◆ Entries taken from a collection

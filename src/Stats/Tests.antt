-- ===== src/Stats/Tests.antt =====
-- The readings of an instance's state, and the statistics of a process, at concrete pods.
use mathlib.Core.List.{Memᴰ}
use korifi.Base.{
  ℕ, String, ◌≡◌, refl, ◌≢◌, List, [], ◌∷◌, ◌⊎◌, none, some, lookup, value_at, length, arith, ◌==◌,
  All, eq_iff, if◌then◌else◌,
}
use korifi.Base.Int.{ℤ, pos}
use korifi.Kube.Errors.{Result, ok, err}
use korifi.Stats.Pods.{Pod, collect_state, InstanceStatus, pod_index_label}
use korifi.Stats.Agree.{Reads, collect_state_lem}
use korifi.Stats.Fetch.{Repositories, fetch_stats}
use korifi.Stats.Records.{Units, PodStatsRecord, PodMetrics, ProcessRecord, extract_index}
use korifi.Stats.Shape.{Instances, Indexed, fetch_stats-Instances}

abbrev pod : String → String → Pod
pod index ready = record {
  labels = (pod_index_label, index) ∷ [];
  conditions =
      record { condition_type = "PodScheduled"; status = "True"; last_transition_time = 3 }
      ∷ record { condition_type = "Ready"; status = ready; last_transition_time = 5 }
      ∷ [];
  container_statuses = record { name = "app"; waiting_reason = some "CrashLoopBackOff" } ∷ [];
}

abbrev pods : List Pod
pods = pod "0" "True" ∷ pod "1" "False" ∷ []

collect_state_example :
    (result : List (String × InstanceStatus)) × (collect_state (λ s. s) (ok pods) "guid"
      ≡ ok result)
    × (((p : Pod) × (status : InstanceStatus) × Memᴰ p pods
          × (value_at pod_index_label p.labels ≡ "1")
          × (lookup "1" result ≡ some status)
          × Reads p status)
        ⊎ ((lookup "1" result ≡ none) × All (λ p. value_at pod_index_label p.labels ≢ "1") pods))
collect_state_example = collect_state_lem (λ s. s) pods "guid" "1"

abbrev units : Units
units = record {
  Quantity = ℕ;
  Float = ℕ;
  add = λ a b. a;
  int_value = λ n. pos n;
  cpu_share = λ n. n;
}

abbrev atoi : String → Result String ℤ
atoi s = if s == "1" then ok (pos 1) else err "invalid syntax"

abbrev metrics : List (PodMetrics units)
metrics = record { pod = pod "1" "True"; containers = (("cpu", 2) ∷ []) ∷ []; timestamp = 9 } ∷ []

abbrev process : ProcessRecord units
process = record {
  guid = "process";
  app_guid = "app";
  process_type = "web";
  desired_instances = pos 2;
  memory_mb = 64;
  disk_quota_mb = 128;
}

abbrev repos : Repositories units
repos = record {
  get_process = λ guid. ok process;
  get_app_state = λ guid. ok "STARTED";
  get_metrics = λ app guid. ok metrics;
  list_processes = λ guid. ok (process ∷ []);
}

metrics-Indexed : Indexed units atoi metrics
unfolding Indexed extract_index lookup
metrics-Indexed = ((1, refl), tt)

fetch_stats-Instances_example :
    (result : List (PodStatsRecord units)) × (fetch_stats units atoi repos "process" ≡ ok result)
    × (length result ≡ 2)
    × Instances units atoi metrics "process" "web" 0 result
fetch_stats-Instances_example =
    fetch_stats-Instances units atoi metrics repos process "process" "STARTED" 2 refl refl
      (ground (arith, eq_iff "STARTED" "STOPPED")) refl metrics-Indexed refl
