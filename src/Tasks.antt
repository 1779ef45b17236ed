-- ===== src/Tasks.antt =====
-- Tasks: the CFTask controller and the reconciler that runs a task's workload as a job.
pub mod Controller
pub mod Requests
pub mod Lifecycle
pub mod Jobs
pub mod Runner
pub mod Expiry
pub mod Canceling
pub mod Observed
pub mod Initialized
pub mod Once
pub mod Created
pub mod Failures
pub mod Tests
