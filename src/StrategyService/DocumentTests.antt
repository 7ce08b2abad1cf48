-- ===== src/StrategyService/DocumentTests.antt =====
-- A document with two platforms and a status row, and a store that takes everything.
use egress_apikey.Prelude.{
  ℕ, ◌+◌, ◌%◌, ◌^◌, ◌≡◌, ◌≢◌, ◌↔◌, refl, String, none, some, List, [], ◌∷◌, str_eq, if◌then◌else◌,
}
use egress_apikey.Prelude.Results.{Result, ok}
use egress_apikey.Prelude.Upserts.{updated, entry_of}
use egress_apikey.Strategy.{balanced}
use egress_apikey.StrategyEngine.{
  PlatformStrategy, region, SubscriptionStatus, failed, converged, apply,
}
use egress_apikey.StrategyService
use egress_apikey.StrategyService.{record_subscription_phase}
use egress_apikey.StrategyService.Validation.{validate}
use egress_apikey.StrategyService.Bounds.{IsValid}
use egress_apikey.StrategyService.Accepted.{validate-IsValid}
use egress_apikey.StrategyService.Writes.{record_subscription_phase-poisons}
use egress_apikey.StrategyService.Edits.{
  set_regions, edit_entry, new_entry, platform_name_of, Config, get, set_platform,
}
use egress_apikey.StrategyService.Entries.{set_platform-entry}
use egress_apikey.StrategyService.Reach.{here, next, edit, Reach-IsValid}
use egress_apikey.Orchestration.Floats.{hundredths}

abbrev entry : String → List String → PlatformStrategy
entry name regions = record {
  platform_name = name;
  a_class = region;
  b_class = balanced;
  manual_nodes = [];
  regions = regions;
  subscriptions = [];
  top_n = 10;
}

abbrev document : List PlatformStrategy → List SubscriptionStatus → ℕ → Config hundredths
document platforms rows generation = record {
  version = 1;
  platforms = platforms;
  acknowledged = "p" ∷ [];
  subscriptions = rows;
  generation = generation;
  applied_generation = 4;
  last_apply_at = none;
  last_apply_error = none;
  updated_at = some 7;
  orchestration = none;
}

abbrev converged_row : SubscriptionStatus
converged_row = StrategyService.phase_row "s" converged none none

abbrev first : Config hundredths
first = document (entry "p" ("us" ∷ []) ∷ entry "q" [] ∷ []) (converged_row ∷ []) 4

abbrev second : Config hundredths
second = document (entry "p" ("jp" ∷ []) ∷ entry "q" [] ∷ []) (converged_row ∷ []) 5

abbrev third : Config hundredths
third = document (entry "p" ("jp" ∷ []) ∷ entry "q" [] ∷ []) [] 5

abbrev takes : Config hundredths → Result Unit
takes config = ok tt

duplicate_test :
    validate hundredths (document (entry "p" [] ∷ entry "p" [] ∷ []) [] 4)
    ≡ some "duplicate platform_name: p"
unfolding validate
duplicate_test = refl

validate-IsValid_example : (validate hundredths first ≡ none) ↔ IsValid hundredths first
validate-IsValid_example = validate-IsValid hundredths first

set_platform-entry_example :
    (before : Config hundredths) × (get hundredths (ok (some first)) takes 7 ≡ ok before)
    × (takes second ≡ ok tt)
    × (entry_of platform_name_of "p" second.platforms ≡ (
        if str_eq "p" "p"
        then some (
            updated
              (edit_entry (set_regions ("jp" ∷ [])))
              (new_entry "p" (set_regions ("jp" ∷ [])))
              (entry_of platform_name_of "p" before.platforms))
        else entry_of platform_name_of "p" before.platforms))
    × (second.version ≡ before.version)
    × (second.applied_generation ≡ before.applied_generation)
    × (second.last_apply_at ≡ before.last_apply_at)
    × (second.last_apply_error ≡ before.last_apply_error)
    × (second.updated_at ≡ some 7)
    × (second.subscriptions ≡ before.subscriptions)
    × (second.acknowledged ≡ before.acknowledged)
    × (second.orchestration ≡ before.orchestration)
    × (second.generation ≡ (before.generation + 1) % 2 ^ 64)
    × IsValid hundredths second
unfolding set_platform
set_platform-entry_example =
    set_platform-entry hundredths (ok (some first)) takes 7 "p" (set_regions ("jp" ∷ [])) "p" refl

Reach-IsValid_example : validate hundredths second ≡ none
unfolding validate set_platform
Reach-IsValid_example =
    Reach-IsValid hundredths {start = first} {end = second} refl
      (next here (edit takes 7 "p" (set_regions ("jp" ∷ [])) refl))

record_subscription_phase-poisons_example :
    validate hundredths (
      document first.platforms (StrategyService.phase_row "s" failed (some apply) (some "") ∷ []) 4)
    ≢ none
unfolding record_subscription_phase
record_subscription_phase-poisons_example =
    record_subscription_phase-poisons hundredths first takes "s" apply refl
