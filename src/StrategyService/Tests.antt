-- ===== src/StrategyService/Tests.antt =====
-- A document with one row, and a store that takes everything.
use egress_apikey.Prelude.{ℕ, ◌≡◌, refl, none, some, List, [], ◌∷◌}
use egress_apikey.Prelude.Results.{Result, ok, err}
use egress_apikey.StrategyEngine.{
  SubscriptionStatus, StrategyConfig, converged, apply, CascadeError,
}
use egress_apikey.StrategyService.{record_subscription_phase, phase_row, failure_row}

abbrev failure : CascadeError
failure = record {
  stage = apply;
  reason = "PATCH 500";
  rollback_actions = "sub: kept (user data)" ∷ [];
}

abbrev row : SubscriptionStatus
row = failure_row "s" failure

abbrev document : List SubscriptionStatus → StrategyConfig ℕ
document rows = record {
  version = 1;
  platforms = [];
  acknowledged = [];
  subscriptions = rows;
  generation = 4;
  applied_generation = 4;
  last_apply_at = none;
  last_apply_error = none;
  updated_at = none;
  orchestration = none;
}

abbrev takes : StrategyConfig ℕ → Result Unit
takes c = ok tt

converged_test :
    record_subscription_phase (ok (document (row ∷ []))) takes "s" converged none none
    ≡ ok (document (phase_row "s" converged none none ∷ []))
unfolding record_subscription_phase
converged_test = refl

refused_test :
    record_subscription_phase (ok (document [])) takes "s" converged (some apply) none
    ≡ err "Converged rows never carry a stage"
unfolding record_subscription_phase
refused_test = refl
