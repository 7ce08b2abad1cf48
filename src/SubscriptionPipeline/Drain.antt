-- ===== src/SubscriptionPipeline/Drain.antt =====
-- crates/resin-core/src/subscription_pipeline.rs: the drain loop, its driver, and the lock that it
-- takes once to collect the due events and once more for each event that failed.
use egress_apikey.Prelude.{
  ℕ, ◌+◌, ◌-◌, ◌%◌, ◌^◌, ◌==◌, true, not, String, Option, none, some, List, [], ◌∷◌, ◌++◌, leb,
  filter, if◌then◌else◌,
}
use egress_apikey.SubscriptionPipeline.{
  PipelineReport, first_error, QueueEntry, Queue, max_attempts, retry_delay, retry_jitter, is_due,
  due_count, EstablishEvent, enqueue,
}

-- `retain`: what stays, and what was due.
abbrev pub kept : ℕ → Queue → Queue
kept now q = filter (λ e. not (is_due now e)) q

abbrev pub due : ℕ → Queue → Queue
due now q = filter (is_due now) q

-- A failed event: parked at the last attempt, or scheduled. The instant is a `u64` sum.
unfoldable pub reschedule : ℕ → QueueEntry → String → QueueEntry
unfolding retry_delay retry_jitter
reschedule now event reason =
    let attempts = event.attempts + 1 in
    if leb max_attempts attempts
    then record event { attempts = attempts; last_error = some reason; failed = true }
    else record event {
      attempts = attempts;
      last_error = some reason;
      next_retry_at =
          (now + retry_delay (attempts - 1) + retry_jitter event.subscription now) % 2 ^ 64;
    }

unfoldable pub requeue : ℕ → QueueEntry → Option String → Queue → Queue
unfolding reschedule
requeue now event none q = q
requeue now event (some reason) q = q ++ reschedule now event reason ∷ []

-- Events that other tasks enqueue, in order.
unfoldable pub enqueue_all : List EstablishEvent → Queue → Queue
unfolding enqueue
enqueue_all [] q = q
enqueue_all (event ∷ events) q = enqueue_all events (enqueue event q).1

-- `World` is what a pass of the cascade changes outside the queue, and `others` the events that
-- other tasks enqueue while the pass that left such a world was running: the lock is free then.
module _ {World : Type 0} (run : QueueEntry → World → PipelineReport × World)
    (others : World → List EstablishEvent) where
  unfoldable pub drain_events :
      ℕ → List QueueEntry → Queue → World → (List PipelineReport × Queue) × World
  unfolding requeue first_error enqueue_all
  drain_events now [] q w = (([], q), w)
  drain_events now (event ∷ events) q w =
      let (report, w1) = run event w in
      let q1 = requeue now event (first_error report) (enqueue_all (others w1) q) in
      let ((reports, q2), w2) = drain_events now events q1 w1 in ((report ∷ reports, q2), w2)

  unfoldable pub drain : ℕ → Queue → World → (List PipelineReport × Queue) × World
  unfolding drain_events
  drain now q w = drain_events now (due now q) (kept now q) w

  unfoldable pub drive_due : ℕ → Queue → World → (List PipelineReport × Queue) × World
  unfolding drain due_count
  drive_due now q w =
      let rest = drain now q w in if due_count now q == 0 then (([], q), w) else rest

◆ Required work
Each line carrying the string "SubscriptionStatus" should be copied out from the entries.

◆ Solution
  PlatformStrategy, region, SubscriptionStatus, failed, converged, apply,
abbrev document : List PlatformStrategy → List SubscriptionStatus → ℕ → Config hundredths
abbrev converged_row : SubscriptionStatus
  SubscriptionStatus, StrategyConfig, converged, apply, CascadeError,
abbrev row : SubscriptionStatus
abbrev document : List SubscriptionStatus → StrategyConfig ℕ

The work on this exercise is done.